LISTED companies may raise around P37.23 billion from the market when the Securities and Exchange Commission (SEC) starts its first round of minimum public-float hike to 15 percent from the current 10 percent by the end of 2018.
According to assumptions by the SEC, around P112.5 billion will need to be raised by the firms when the minimum public float will be increased to 20 percent by end of 2020.
SEC data showed with its current liquidity, the market can more than accommodate such amount of fund raising. It based its assumptions on the number of the listed firms as of end-March.
Last year P176.5 billion was raised from the market through initial public offerings (IPOs). Last year’s IPO figures, however, were lower than the P184.6 billion raised in 2015, but higher compared with the P153 billion raised in 2014.
SEC Commissioner Teresita Herbosa said if the country will raise the public float of listed companies, it will come nearer to the regional average minimum public offering (MPO) of 25 percent.
The government, however, expects the industry to ask for the extension of the implementation of the increased public float rather than questioning the proposed rules itself.
“It’s not about the [increase in] MPO itself, but on the timeframe of the implementation. The industry players themselves are asking for this,” SEC director for Markets and Securities Regulation Department Vicente Graciano Felizmenio Jr. said at the sidelines of the SEC’s briefing on its proposal.
The SEC is increasing the minimum public float of listed firms to 15 percent by the end of next year and to 20 percent by end-2020.

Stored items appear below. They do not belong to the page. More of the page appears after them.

-- ===== src/World/Chunk/Parse.antt =====
-- `Chunk::from_nbt` and the parsers below it, crates/mc-world/src/chunk.rs.
use pico_server_rs.Base.{
  ℕ, zero, suc, ◌+◌, ◌-◌, ◌/◌, ◌%◌, ◌^◌, List, [], ◌∷◌, Option, none, some, ltb, length,
  if◌then◌else◌, and_then, unwrap_or,
}
use pico_server_rs.Base.Words.{Bytes, min_i32}
use pico_server_rs.World.Text.{
  air, unknown, x_pos, z_pos, data_version_key, status_key, sections_key, block_entities_key,
  heightmaps_key, y_key, block_states_key, data_key, palette_key, biomes_key, name_key,
  properties_key, question_mark, entity_x, entity_y, entity_z, entity_id,
}
use pico_server_rs.World.Nbt.{
  NbtValue, byte, int, string, NbtItems, nil, item, NbtEntries, done, entry,
}
use pico_server_rs.World.Nbt.Get.{
  find, as_byte, as_int, as_string, as_list, as_compound, as_long_array, get_string, get_int,
  get_compound, get_list,
}
use pico_server_rs.World.Packed.{calculate_bits_per_block}
use pico_server_rs.World.Section.{BlockState, ChunkSection}
use pico_server_rs.World.Chunk.{BlockEntity, Chunk, i8_as_i32, times_16}

-- `?` on an option.
infixl 5 ◌>>=◌
abbrev ◌>>=◌ {ℓ κ} : {A : Type ℓ} {B : Type κ} → Option A → (A → Option B) → Option B
o >>= f = and_then o f

-- `v.to_string()` for a number of at most ten digits.
abbrev pub digits_of : ℕ → ℕ → Bytes → Bytes
digits_of zero v rest = rest
digits_of (suc places) v rest =
    let text = (48 + v % 10) ∷ rest in if ltb v 10 then text else digits_of places (v / 10) text

-- `i.to_string()` for the pattern of a signed number of w bits.
unfoldable pub to_string : ℕ → ℕ → Bytes
to_string w v = if ltb v (2 ^ (w - 1)) then digits_of 10 v [] else 45 ∷ digits_of 10 (2 ^ w - v) []

-- The text of a block property.
unfoldable pub property_text : NbtValue → Bytes
unfolding to_string
property_text (string s) = s
property_text (int i) = to_string 32 i
property_text (byte b) = to_string 8 b
property_text _ = question_mark

abbrev pub properties_of : NbtEntries → List (Bytes × Bytes)
unfolding property_text
properties_of done = []
properties_of (entry k v es) = (k, property_text v) ∷ properties_of es

-- One entry of the palette.
unfoldable pub block_state : NbtValue → BlockState
unfolding get_string get_compound
block_state v = record {
  name = unwrap_or air (get_string v name_key);
  properties = elim (get_compound v properties_key) [ none ↦ [] | some es ↦ properties_of es ];
}

module _ {ℓ} {A : Type ℓ} where
  -- `iter().map(f)`
  unfoldable pub map_items : (NbtValue → A) → NbtItems → List A
  map_items f nil = []
  map_items f (item v xs) = f v ∷ map_items f xs

  abbrev pub some_first : Option A → List A → List A
  some_first none rest = rest
  some_first (some a) rest = a ∷ rest

  -- `iter().filter_map(f)`
  unfoldable pub filter_items : (NbtValue → Option A) → NbtItems → List A
  filter_items f nil = []
  filter_items f (item v xs) = some_first (f v) (filter_items f xs)

  -- The elements of a list, where there is one.
  unfoldable pub listed : (NbtValue → Option A) → Option NbtItems → List A
  unfolding filter_items
  listed f none = []
  listed f (some xs) = filter_items f xs

-- `parse_palette`.
unfoldable pub parse_palette : NbtEntries → Option (List BlockState)
unfolding find block_state map_items
parse_palette block_states =
    and_then (and_then (find palette_key block_states) as_list)
      (λ xs. some (map_items block_state xs))

abbrev pub longs : NbtEntries → List ℕ
unfolding find
longs es = unwrap_or [] (and_then (find data_key es) as_long_array)

-- The palette, the data and the width of the blocks, all empty where there is no palette.
unfoldable pub parse_blocks : NbtValue → List BlockState × List ℕ × ℕ
unfolding get_compound parse_palette calculate_bits_per_block
parse_blocks nbt =
    unwrap_or ([], [], 0)
      (and_then (get_compound nbt block_states_key) λ bs.
        and_then (parse_palette bs)
          λ palette. some (palette, longs bs, calculate_bits_per_block (length palette)))

-- The palette and the data of the biomes.
unfoldable pub parse_biomes : NbtValue → List Bytes × List ℕ
unfolding get_compound find listed
parse_biomes nbt =
    unwrap_or ([], [])
      (and_then (get_compound nbt biomes_key)
        λ bio. some (listed as_string (and_then (find palette_key bio) as_list), longs bio))

-- The section with this y.
unfoldable pub section_of : NbtValue → ℕ → ChunkSection
unfolding parse_blocks parse_biomes
section_of nbt y =
    let (palette, block_data, bits_per_block) = parse_blocks nbt in
    let (biome_palette, biome_data) = parse_biomes nbt in
    record {
      y = y;
      palette = palette;
      block_data = block_data;
      bits_per_block = bits_per_block;
      biome_palette = biome_palette;
      biome_data = biome_data;
    }

-- `parse_section`.
unfoldable pub parse_section : NbtValue → Option ChunkSection
unfolding find section_of
parse_section nbt =
    and_then (and_then (as_compound nbt) (λ entries. and_then (find y_key entries) as_byte))
      (λ y. some (section_of nbt y))

-- `parse_block_entity`.
unfoldable pub parse_block_entity : NbtValue → Option BlockEntity
unfolding find
parse_block_entity nbt = do
  entries ← as_compound nbt
  x ← and_then (find entity_x entries) as_int
  y ← and_then (find entity_y entries) as_int
  z ← and_then (find entity_z entries) as_int
  id ← and_then (find entity_id entries) as_string
  some (record { x = x; y = y; z = z; id = id; fields = entries })

abbrev pub long_arrays : NbtEntries → List (Bytes × List ℕ)
long_arrays done = []
long_arrays (entry k v es) =
    some_first (and_then (as_long_array v) (λ words. some (k, words))) (long_arrays es)

-- `sections.iter().map(|s| s.y as i32 * 16).min()`
abbrev pub lowest : List ChunkSection → Option ℕ
lowest [] = none
lowest (s ∷ sections) =
    let bottom = times_16 (i8_as_i32 s.y) in
    elim (lowest sections) [ none ↦ some bottom | some rest ↦ some (min_i32 bottom rest) ]

-- `Chunk::from_nbt`.
unfoldable pub from_nbt : NbtValue → Option Chunk
unfolding get_int get_string get_list get_compound parse_section parse_block_entity listed
from_nbt v = do
  x ← get_int v x_pos
  z ← get_int v z_pos
  let sections = listed parse_section (get_list v sections_key)
  some (record {
    x = x;
    z = z;
    data_version = unwrap_or 0 (get_int v data_version_key);
    status = unwrap_or unknown (get_string v status_key);
    sections = sections;
    block_entities = listed parse_block_entity (get_list v block_entities_key);
    heightmaps = elim (get_compound v heightmaps_key) [ none ↦ [] | some es ↦ long_arrays es ];
    min_y = unwrap_or 0 (lowest sections);
  })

In its proposed SEC Memorandum Circular, which will take effect after publication, starting July, all firms filing for their IPO should have to float at least 20 percent of its issued and outstanding shares.
Public float of a company refers to the portion of the issued and outstanding shares freely available and tradable in the market and are nonstrategic in nature. Significant shareholdings of 10 percent or more of the total issued and outstanding shares of the company are considered strategic and, thus, excluded in the public float of the company.
The proposed rules are still subject to public comments until today, June 15.
Noncompliance of the minimum public-ownership requirements may result to publicly listed companies being subjected to the administrative sanctions provided under Section 54 of the Securities Regulation Code. They may also be subject to higher tax rate.
Under Bureau of Internal Revenue Revenue Regulations 16-2012, all publicly listed companies are required to maintain a minimum public ownership as prescribed by the SEC to enjoy preferential tax treatment.
The sale, barter, exchange or other disposition of shares of stocks of publicly listed companies that meet the minimum public float is subject to the stock-transaction tax of one-half of 1 percent of the gross selling price.
If it fails to meet the set minimum public float, it will be subject to a final tax of 5 percent or 10 percent on the net capital gains and documentary stamp tax.
The SEC said the move to raise the minimum public float will help increase market depth, and is essential for sustaining a continuous market for listed securities to provide liquidity. This attracts good-quality and long-term investors to the stock.
“A large and dispersed shareholding lowers the opportunities for collusive market action or price manipulation and encourages good governance. The larger the public float, the more effective is the instrument of listing as a tool for redistribution of wealth in the country,” the SEC said.
PSE data showed that 39 listed companies will be affected if the minimum public float is increased to 15 percent by next year, and 68 companies will be affected if it is further increased to 20 percent.